*REQUIRED WORK*
Taking each line of the material below in turn, count those containing the string "that". Provide the number alone.

═════ DATA SUPPLIED

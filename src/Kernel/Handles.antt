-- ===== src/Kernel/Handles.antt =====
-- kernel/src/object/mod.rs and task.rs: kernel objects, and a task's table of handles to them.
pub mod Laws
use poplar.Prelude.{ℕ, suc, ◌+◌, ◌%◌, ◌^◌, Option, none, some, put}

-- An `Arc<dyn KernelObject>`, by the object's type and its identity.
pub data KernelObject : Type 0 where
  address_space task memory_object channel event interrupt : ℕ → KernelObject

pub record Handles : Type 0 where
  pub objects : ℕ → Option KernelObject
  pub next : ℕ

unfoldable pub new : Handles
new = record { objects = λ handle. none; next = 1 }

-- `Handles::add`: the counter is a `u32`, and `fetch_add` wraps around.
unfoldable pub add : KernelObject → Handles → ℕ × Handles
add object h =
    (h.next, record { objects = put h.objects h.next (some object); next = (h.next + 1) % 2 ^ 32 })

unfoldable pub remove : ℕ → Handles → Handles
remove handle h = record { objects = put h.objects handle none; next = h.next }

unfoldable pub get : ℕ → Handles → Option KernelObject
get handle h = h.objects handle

══════════
═════ DATA SUPPLIED

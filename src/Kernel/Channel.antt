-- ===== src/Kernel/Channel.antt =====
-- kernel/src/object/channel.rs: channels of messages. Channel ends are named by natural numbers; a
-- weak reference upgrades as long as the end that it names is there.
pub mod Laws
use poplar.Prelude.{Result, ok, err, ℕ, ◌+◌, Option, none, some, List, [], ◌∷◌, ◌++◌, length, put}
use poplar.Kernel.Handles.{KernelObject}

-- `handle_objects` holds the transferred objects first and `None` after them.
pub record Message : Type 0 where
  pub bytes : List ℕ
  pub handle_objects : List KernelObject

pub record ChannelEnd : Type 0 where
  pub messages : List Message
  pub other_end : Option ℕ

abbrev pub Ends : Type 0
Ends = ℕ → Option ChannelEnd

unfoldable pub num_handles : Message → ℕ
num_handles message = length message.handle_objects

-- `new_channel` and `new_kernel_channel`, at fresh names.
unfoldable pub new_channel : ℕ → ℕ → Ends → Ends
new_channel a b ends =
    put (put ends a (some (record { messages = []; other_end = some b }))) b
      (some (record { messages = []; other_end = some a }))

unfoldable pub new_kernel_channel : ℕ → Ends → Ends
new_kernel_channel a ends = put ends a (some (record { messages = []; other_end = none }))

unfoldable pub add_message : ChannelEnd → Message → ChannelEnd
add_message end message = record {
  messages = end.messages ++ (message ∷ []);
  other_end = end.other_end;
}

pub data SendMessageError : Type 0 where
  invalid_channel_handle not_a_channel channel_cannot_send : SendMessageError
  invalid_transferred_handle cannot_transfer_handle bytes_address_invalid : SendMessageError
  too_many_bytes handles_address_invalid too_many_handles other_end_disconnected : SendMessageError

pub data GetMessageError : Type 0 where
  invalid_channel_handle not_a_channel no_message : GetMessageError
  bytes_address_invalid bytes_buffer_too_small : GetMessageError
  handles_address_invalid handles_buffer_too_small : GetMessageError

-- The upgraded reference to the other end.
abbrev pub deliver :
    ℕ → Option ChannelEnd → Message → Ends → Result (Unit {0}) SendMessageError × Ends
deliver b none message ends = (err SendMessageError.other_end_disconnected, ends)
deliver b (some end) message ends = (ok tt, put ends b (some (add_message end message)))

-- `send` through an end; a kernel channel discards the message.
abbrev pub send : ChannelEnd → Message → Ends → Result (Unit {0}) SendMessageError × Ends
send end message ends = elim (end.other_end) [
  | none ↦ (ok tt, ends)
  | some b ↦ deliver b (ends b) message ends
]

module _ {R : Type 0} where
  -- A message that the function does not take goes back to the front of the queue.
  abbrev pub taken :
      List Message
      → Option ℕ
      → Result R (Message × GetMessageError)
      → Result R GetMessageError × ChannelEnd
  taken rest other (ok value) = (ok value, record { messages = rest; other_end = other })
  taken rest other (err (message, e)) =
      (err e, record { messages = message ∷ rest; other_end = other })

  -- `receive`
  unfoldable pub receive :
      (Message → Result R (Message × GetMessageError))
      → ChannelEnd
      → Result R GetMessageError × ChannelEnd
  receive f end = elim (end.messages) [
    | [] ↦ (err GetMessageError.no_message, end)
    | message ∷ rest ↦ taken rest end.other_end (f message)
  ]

══════════

*RESULT*
2